Amiko, o primeiro filme do realizador Morii Yusuke, representa em cores vibrantes o mundo de uma criança com um olhar único, desenquadrada da família e colegas de escola. Apesar do isolamento de Amiko, que se acentua enquanto cresce, o filme mantém sempre um tom mágico, fiel à perspetiva excêntrica e inocente da sua protagonista.
A estreia de Morii como realizador surge de uma adaptação do romance de Natsuko Imamura, expandindo a imaginação de Amiko (Osawa Kana) para o universo do visual. No ecrã, o olhar de Amiko conduz o filme, convidando o espectador a acompanhar a sua exploração juvenil, e ao mesmo tempo distanciando a audiência das restantes personagens. A personalidade de Amiko define o tom de todo o filme, que se desenrola tão imprevisível e implacavelmente como a vida de uma criança desamparada.
Amiko vive em Hiroshima, no Japão, com os pais e o irmão mais velho, numa rotina que não lhe assenta. Em tudo o que faz, Amiko rompe as normas que lhe são impostas. Impulsiva, inoportuna e impaciente, Amiko não percebe por que razão os que a rodeiam não a acompanham.

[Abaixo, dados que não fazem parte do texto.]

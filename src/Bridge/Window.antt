-- ===== src/Bridge/Window.antt =====
-- Sums over the rolling window: the loops of the credit bridge against plain sums over a list and
-- over a range of indices, and what saving and removing an entry does to these.
use sysbreak_trust.Base.{
  ℕ, zero, suc, ◌+◌, ◌-◌, ◌≤◌, ◌<◌, ◌≡◌, refl, arith, min, leb, ltb, if◌then◌else◌, Option, none,
  some, List, [], ◌∷◌, ◌++◌, Map, find, save, remove, find-save, find-save_self, find-remove,
  number_key, u128_max, saturating_add, Bool-cases, inl, inr, Option-cases,
}
use native.Mathlib.Nat.{add-zero}
use sysbreak_trust.Bridge.State.{WithdrawalRecord}
use sysbreak_trust.Bridge.Helpers.{window_loop, add_in_window, global_loop}
use sysbreak_trust.Bridge.Withdraw.{prune}

-- What a record adds to the sum from `cutoff` on.
abbrev pub share : ℕ → WithdrawalRecord → ℕ
share cutoff r = if leb cutoff r.timestamp then r.amount_credits else 0

abbrev pub list_sum : ℕ → List WithdrawalRecord → ℕ
list_sum cutoff [] = 0
list_sum cutoff (r ∷ rs) = share cutoff r + list_sum cutoff rs

abbrev pub share_at : ℕ → Option WithdrawalRecord → ℕ
share_at cutoff none = 0
share_at cutoff (some r) = share cutoff r

-- The sum over `rounds` indices from `idx`.
unfoldable pub range_sum : ℕ → Map ℕ WithdrawalRecord → ℕ → ℕ → ℕ
range_sum cutoff m zero idx = 0
range_sum cutoff m (suc rounds) idx =
    share_at cutoff (find idx m) + range_sum cutoff m rounds (idx + 1)

saturating_add-eq : (a b : ℕ) → saturating_add a b ≡ min u128_max (a + b)
saturating_add-eq a b = ground arith

-- The total of `sum_rolling_window` is the sum, cut off at the largest `Uint128`.
pub window_loop-total :
    (cutoff : ℕ) (rs active : List WithdrawalRecord) (total : ℕ)
    → total ≤ u128_max
    → (window_loop cutoff rs active total).1 ≡ min u128_max (total + list_sum cutoff rs)
unfolding window_loop
window_loop-total cutoff [] active total h = omega arith
window_loop-total cutoff (r ∷ rs) active total h =
    let total' = if leb cutoff r.timestamp then saturating_add total r.amount_credits else total in
    let active' = if leb cutoff r.timestamp then active ++ (r ∷ []) else active in
    let step : total' ≡ min u128_max (total + share cutoff r) = ground arith in
    omega (arith, step, window_loop-total cutoff rs active' total' (omega (arith, step)))

pub list_sum-append :
    (cutoff : ℕ) (xs ys : List WithdrawalRecord)
    → list_sum cutoff (xs ++ ys) ≡ list_sum cutoff xs + list_sum cutoff ys
list_sum-append cutoff [] ys = omega arith
list_sum-append cutoff (x ∷ xs) ys = omega (arith, list_sum-append cutoff xs ys)

-- The records that are kept have the same sum from any later time on.
pub window_loop-active :
    (cutoff later : ℕ) (rs active : List WithdrawalRecord) (total : ℕ)
    → cutoff ≤ later
    → list_sum later (window_loop cutoff rs active total).0
      ≡ list_sum later active + list_sum later rs
unfolding window_loop
window_loop-active cutoff later [] active total h = omega arith
window_loop-active cutoff later (r ∷ rs) active total h =
    let total' = if leb cutoff r.timestamp then saturating_add total r.amount_credits else total in
    let active' = if leb cutoff r.timestamp then active ++ (r ∷ []) else active in
    let step : list_sum later active' ≡ list_sum later active + share later r =
      ground (arith, list_sum-append later active (r ∷ [])) in
    omega (arith, step, window_loop-active cutoff later rs active' total' h)

add_in_window-eq :
    (cutoff : ℕ) (o : Option WithdrawalRecord) (used : ℕ)
    → used ≤ u128_max
    → add_in_window cutoff o used ≡ min u128_max (used + share_at cutoff o)
unfolding add_in_window
add_in_window-eq cutoff none used h = omega arith
add_in_window-eq cutoff (some r) used h = elim (Bool-cases (leb cutoff r.timestamp)) [
  | inl new ↦ rw new (saturating_add-eq used r.amount_credits)
  | inr old ↦ rw old (omega arith)
]

pub global_loop-eq :
    (cutoff : ℕ) (m : Map ℕ WithdrawalRecord) (rounds idx used : ℕ)
    → used ≤ u128_max
    → global_loop cutoff m rounds idx used ≡ min u128_max (used + range_sum cutoff m rounds idx)
unfolding global_loop range_sum
global_loop-eq cutoff m zero idx used h = omega arith
global_loop-eq cutoff m (suc rounds) idx used h =
    let used' = add_in_window cutoff (find idx m) used in
    omega (
      arith,
      add_in_window-eq cutoff (find idx m) used h,
      global_loop-eq cutoff m rounds (idx + 1) used',
    )

module _ (cutoff : ℕ) (k : ℕ) where
  -- An entry behind the range adds nothing.
  pub range_sum-save :
      (v : WithdrawalRecord) (m : Map ℕ WithdrawalRecord) (rounds idx : ℕ)
      → idx + rounds ≤ k
      → range_sum cutoff (save k v m) rounds idx ≡ range_sum cutoff m rounds idx
  unfolding range_sum
  range_sum-save v m zero idx h = refl
  range_sum-save v m (suc rounds) idx h =
      ground (arith, find-save k idx v m, range_sum-save v m rounds (idx + 1))

  -- An entry before the range is not in it.
  pub range_sum-remove :
      (m : Map ℕ WithdrawalRecord) (rounds idx : ℕ)
      → k < idx
      → range_sum cutoff (remove k m) rounds idx ≡ range_sum cutoff m rounds idx
  unfolding range_sum
  range_sum-remove m zero idx h = refl
  range_sum-remove m (suc rounds) idx h =
      ground (arith, find-remove k idx m, range_sum-remove m rounds (idx + 1))

pub range_sum-last :
    (cutoff : ℕ) (m : Map ℕ WithdrawalRecord) (rounds idx : ℕ)
    → range_sum cutoff m (suc rounds) idx
      ≡ range_sum cutoff m rounds idx + share_at cutoff (find (idx + rounds) m)
unfolding range_sum
range_sum-last cutoff m zero idx = rw (add-zero idx) (omega arith)
range_sum-last cutoff m (suc rounds) idx =
    let shift : idx + suc rounds ≡ idx + 1 + rounds = omega arith in
    rw shift (omega (arith, range_sum-last cutoff m rounds (idx + 1)))

-- The first index of a range that is not empty.
range_sum-first :
    (cutoff : ℕ) (m : Map ℕ WithdrawalRecord) (counter oldest : ℕ)
    → oldest ≤ counter
    → range_sum cutoff m (counter + 1 - oldest) oldest
      ≡ share_at cutoff (find oldest m)
        + range_sum cutoff m (counter + 1 - (oldest + 1)) (oldest + 1)
unfolding range_sum
range_sum-first cutoff m counter oldest le =
    let split : counter + 1 - oldest ≡ suc (counter + 1 - (oldest + 1)) = omega arith in rw split

-- Pruning moves the first index up to the last at most, and drops nothing from a later sum.
pub prune-keeps :
    (cutoff counter : ℕ) (rounds : ℕ) (m : Map ℕ WithdrawalRecord) (oldest : ℕ) (later : ℕ)
    → cutoff ≤ later
    → oldest ≤ counter
    → let (m', oldest') = prune cutoff counter rounds m oldest in
      (oldest' ≤ counter)
      × (range_sum later m' (counter + 1 - oldest') oldest'
          ≡ range_sum later m (counter + 1 - oldest) oldest)
unfolding prune
prune-keeps cutoff counter zero m oldest later h le = (le, refl)
prune-keeps cutoff counter (suc rounds) m oldest later h le =
    elim (Bool-cases (ltb oldest counter)) [
      | inl more ↦
          let next : oldest + 1 ≤ counter = ground arith in
          let first = range_sum-first later m counter oldest le in
          elim (Option-cases (find oldest m)) [
            | inl absent ↦
                let (low, same) = prune-keeps cutoff counter rounds m (oldest + 1) later h next in
                rw (more, absent) (low, omega (arith, same, rw absent at first))
            | inr (r, present) ↦ elim (Bool-cases (ltb r.timestamp cutoff)) [
              | inl expired ↦
                  let m' = remove oldest m in
                  let (low, same) =
                    prune-keeps cutoff counter rounds m' (oldest + 1) later h next in
                  let out : share later r ≡ 0 = ground arith in
                  let kept =
                    range_sum-remove later oldest m (counter + 1 - (oldest + 1)) (oldest + 1)
                      (omega arith) in
                  rw (more, present, expired)
                    (low, omega (arith, same, kept, out, rw present at first))
              | inr kept ↦ rw (more, present, kept) (le, refl)
            ]
          ]
      | inr done ↦ rw done (le, refl)
    ]

-- A new entry behind the range lengthens the sum by its share.
pub range_sum-push :
    (cutoff : ℕ) (v : WithdrawalRecord) (m : Map ℕ WithdrawalRecord) (counter oldest : ℕ)
    → oldest ≤ counter
    → range_sum cutoff (save (counter + 1) v m) (counter + 1 + 1 - oldest) oldest
      ≡ range_sum cutoff m (counter + 1 - oldest) oldest + share cutoff v
range_sum-push cutoff v m counter oldest le =
    let rounds = counter + 1 - oldest in
    let split : counter + 1 + 1 - oldest ≡ suc rounds = omega arith in
    let at_end : oldest + rounds ≡ counter + 1 = omega arith in
    let m' = save (counter + 1) v m in
    let old = range_sum-save cutoff (counter + 1) v m rounds oldest (omega arith) in
    let new : share_at cutoff (find (oldest + rounds) m') ≡ share cutoff v =
      rw at_end (rw (find-save_self (counter + 1) v m)) in
    rw split (omega (arith, range_sum-last cutoff m' rounds oldest, old, new))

Quando uma tragédia cai sobre a sua família, a realidade colide com o mundo de Amiko, alienando-a ainda mais profundamente. Com a mãe fechada no quarto, o pai absorvido no luto, e o irmão fora de casa, Amiko perde todo o contacto que lhe oferecia alguma orientação. Esquecida entre um mundo fantástico e uma realidade assombrada, as dores de crescimento de Amiko intensificam-se. Parecendo encolher na sua roupa, sem tomar banho e ignorando a escola, Amiko torna-se mais um fantasma em sua casa.
É no espaço entre imaginação e realidade que Amiko tenta fazer sentido da sua dor. O seu mundo enche-se de fantasmas, coloridos e extravagantes, que se fazem ouvir quando Amiko está só, e aparecem apenas a si e à audiência. Sem saber o que mais fazer, Amiko canta “Os fantasmas não são reais… Mas eu tenho um pouco de medo”.
Apesar de todo o seu peso, Amiko permanece uma história encantadora, uma procura pela beleza mesmo nos momentos mais dolorosos, uma lição de que a esperança pode existir mesmo nas paisagens revestidas de fantasmas.